TASK DETAILS:
Search the records for the word "failing" and report each line that has it.

DATA EXTRACT:
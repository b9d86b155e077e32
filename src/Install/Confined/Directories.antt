-- ===== src/Install/Confined/Directories.antt =====
-- archive_tree.rs of omne-artifact-install-primitives: directories are opened below the root, one component
-- at a time.
use omne_runtime.Base.{
  ◌∙◌, ok_or, refl, all-append, &&-eq_true, sym, if◌then◌else◌, arith, ◌≡◌, Bool, true, false,
  Option, none, some, List, [], ◌∷◌, ◌++◌, Bytes, Result, ok, err, all, map,
}
use omne_runtime.Base.Actions.{◌>>=◌, lift, attempt}
use mathlib.Core.List.{append-nil, append_assoc}
use mathlib.Core.Path.{subst}
use omne_runtime.FsPath.{normal, components}
use omne_runtime.FsPath.Segments.{behind, is_segment, path_of, components-path_of}
use omne_runtime.Install.{
  install, ArtifactInstallError, read_file_type, perform_call, open_component, create_directory,
  IoError, System, Dir,
}
use omne_runtime.Install.Confined.{
  lift-Confines, if-Confines, open_root-Confines, perform_call-Confines, map_error-Confines,
  match-Confines, is_confined, read_file_type-Confines, open_component-Confines, >>=-Confines,
  Holds, Confines, is_below,
}
use omne_runtime.Install.Directories.{
  unsafe_parent, try_open_archive_directory_chain, ensure_archive_directory_chain,
  mapped_component_error, is_not_found, from_io, open_components, open_archive_directory_root,
  and_open, opened_or, created_or, open_child, create_child, component_error, Install,
}
use omne_runtime.Text.{to_string_lossy, is_empty}

abbrev pub IsOpened : Dir → Option Dir → Type 0
IsOpened dir none = Unit
IsOpened dir (some opened) = opened ≡ dir

ok_or-Holds :
    (dir : Dir) (opened : Option Dir) (missing : ArtifactInstallError)
    → IsOpened dir opened
    → Holds (λ d. d ≡ dir) (ok_or opened missing)
ok_or-Holds dir none missing e = tt
ok_or-Holds dir (some d) missing e = e

is_empty-segment : (s r : Bytes) → is_segment s ≡ true → is_empty (s ++ r) ≡ false
unfolding is_segment
is_empty-segment [] r h = absurd (ground arith)
is_empty-segment (c ∷ s) r h = refl

is_empty-path_of :
    (names : List Bytes)
    → all is_segment names ≡ true
    → is_empty (path_of names) ≡ true
    → names ≡ []
is_empty-path_of [] h e = refl
is_empty-path_of (name ∷ names) h e =
    let (one, rest) = &&-eq_true (is_segment name) (all is_segment names) h in
    absurd (cc (e, is_empty-segment name (behind names) one))

module _ (system : System) where
  component_error-Confines :
      (Q : Option Dir → Type 0) (dir : Dir) (name : Bytes) (e : IoError)
      → is_below dir name ≡ true
      → Confines Q (component_error system dir name e)
  component_error-Confines Q dir name e h =
      match-Confines (λ u. Unit) Q (read_file_type system dir name)
        (λ answer. lift (err (from_io (mapped_component_error name e answer))))
        (read_file_type-Confines system dir name h) (λ answer u machine safe. safe)

  opened_or-Confines :
      (dir : Dir) (name : Bytes) (opened : Result IoError Dir)
      (otherwise : IoError → Install (Option Dir))
      → Holds (λ d. d ≡ dir ++ name ∷ []) opened
      → ((e : IoError) → Confines (IsOpened (dir ++ name ∷ [])) (otherwise e))
      → Confines (IsOpened (dir ++ name ∷ [])) (opened_or system opened otherwise)
  opened_or-Confines dir name (ok next) otherwise e h = λ machine safe. (safe, e)
  opened_or-Confines dir name (err error) otherwise e h = h error

  created_or-Confines :
      (Q : Option Dir → Type 0) (created : Result IoError (Unit {0}))
      (otherwise : IoError → Install (Option Dir)) (next : Install (Option Dir))
      → ((e : IoError) → Confines Q (otherwise e))
      → Confines Q next
      → Confines Q (created_or system created otherwise next)
  created_or-Confines Q (ok u) otherwise next bad good = good
  created_or-Confines Q (err e) otherwise next bad good = bad e

  module _ (dir : Dir) (name : Bytes) (proper : all is_segment dir ≡ true)
      (named : is_segment name ≡ true) where
    abbrev Opens : Install (Option Dir) → Type 0
    Opens = Confines (IsOpened (dir ++ name ∷ []))

    below : is_below dir name ≡ true
    below = ground arith

    failing : (e : IoError) → Opens (component_error system dir name e)
    failing e = component_error-Confines (IsOpened (dir ++ name ∷ [])) dir name e below

    opening :
        (otherwise : IoError → Install (Option Dir))
        → ((e : IoError) → Opens (otherwise e))
        → Opens (
            attempt (open_component system dir name) >>= λ opened.
            opened_or system opened otherwise)
    opening otherwise h =
        match-Confines (λ d. d ≡ dir ++ name ∷ []) (IsOpened (dir ++ name ∷ []))
          (open_component system dir name) (λ opened. opened_or system opened otherwise)
          (open_component-Confines system dir name proper named)
          (λ opened e. opened_or-Confines dir name opened otherwise e h)

    create_child-Confines : Opens (create_child system dir name)
    unfolding create_child is_confined
    create_child-Confines =
        let call = create_directory dir name in
        let confined : is_confined call ≡ true = below in
        let failed = component_error system dir name in
        match-Confines (λ u. Unit) (IsOpened (dir ++ name ∷ [])) (perform_call system call)
          (λ created.
            created_or system created failed (
              attempt (open_component system dir name) >>= λ opened.
              opened_or system opened failed))
          (perform_call-Confines system call confined)
          (λ created u.
            created_or-Confines (IsOpened (dir ++ name ∷ [])) created failed
              (attempt (open_component system dir name) >>= λ opened.
                opened_or system opened failed)
              failing (opening failed failing))

    missing-Confines :
        (create_missing : Bool)
        → Opens (if create_missing then create_child system dir name else lift (ok none))
    missing-Confines true = create_child-Confines
    missing-Confines false = λ machine safe. (safe, tt)

    otherwise-Confines :
        (create_missing found : Bool) (e : IoError)
        → Opens (
            if found
            then (if create_missing then create_child system dir name else lift (ok none))
            else component_error system dir name e)
    otherwise-Confines create_missing true e = missing-Confines create_missing
    otherwise-Confines create_missing false e = failing e

    open_child-Confines :
        (create_missing : Bool) → Opens (open_child system dir name create_missing)
    unfolding open_child
    open_child-Confines create_missing =
        opening
          (λ e.
            if is_not_found e.kind
            then (if create_missing then create_child system dir name else lift (ok none))
            else component_error system dir name e)
          (λ e. otherwise-Confines create_missing (is_not_found e.kind) e)

  and_open-Confines :
      (dir goal : Dir) (next : Option Dir) (f : Dir → Install (Option Dir))
      → IsOpened dir next
      → Confines (IsOpened goal) (f dir)
      → Confines (IsOpened goal) (and_open system next f)
  and_open-Confines dir goal none f e h = λ machine safe. (safe, tt)
  and_open-Confines dir goal (some d) f e h = rw e h

  open_components-Confines :
      (refused : ArtifactInstallError) (create_missing : Bool) (names : List Bytes) (dir : Dir)
      → all is_segment names ≡ true
      → all is_segment dir ≡ true
      → Confines
          (IsOpened (dir ++ names))
          (open_components system refused create_missing (map normal names) dir)
  unfolding open_components
  open_components-Confines refused create_missing [] dir h proper =
      λ machine safe. (safe, sym (append-nil dir))
  open_components-Confines refused create_missing (name ∷ names) dir h proper =
      let (named, rest) = &&-eq_true (is_segment name) (all is_segment names) h in
      let whole = all-append is_segment dir (name ∷ []) in
      let longer : all is_segment (dir ++ name ∷ []) ≡ true = ground arith in
      let again = open_components system refused create_missing (map normal names) in
      let rec =
        open_components-Confines refused create_missing names (dir ++ name ∷ []) rest longer in
      >>=-Confines (IsOpened (dir ++ name ∷ [])) (IsOpened (dir ++ name ∷ names))
        (open_child system dir name create_missing) (λ next. and_open system next again)
        (open_child-Confines dir name proper named create_missing)
        (λ next e. and_open-Confines (dir ++ name ∷ []) (dir ++ name ∷ names) next again e (
          subst (λ d. Confines (IsOpened d) (again (dir ++ name ∷ [])))
            (append_assoc dir (name ∷ []) names) rec))

  pub open_archive_directory_root-Confines :
      Confines (λ d. d ≡ []) (open_archive_directory_root system)
  unfolding open_archive_directory_root
  open_archive_directory_root-Confines =
      map_error-Confines (λ d. d ≡ []) (open_component system [] (b'.' ∷ [])) from_io
        (open_root-Confines system)

  module _ (entry_path : Bytes) (names : List Bytes) (create_missing : Bool)
      (h : all is_segment names ≡ true) where
    chain-Confines : Confines (IsOpened names) (
        open_archive_directory_root system
        >>= open_components system
            (unsafe_parent system entry_path (path_of names))
            create_missing
            (components (path_of names)))
    chain-Confines =
        let refused = unsafe_parent system entry_path (path_of names) in
        let steps = open_components-Confines refused create_missing names [] h refl in
        let same = sym (components-path_of names h) in
        >>=-Confines (λ d. d ≡ []) (IsOpened names) (open_archive_directory_root system)
          (open_components system refused create_missing (components (path_of names)))
          open_archive_directory_root-Confines (λ root e. rw (e, sym same) steps)

    pub try_open_archive_directory_chain-Confines :
        Confines
          (IsOpened names)
          (try_open_archive_directory_chain system entry_path (path_of names) create_missing)
    unfolding try_open_archive_directory_chain
    try_open_archive_directory_chain-Confines =
        if-Confines (IsOpened names) (is_empty (path_of names)) _ _
          (λ e.
            >>=-Confines (λ d. d ≡ []) (IsOpened names) (open_archive_directory_root system)
              (λ root. lift (ok (some root))) open_archive_directory_root-Confines
              (λ root opened machine safe. (safe, opened ∙ sym (is_empty-path_of names h e))))
          (λ e. chain-Confines)

    pub ensure_archive_directory_chain-Confines :
        Confines
          (λ d. d ≡ names)
          (ensure_archive_directory_chain system entry_path (path_of names) create_missing)
    unfolding ensure_archive_directory_chain
    ensure_archive_directory_chain-Confines =
        let missing =
          install "archive parent `{}` does not exist for {}"
            (to_string_lossy (path_of names) ∷ to_string_lossy entry_path ∷ []) in
        >>=-Confines (IsOpened names) (λ d. d ≡ names)
          (try_open_archive_directory_chain system entry_path (path_of names) create_missing)
          (λ opened. lift (ok_or opened missing)) try_open_archive_directory_chain-Confines
          (λ opened e.
            lift-Confines (λ d. d ≡ names) (ok_or opened missing)
              (ok_or-Holds names opened missing e))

RESULT FOR THIS TASK:
    failing : (e : IoError) → Opens (component_error system dir name e)
    failing e = component_error-Confines (IsOpened (dir ++ name ∷ [])) dir name e below
              failing (opening failed failing))
    otherwise-Confines create_missing false e = failing e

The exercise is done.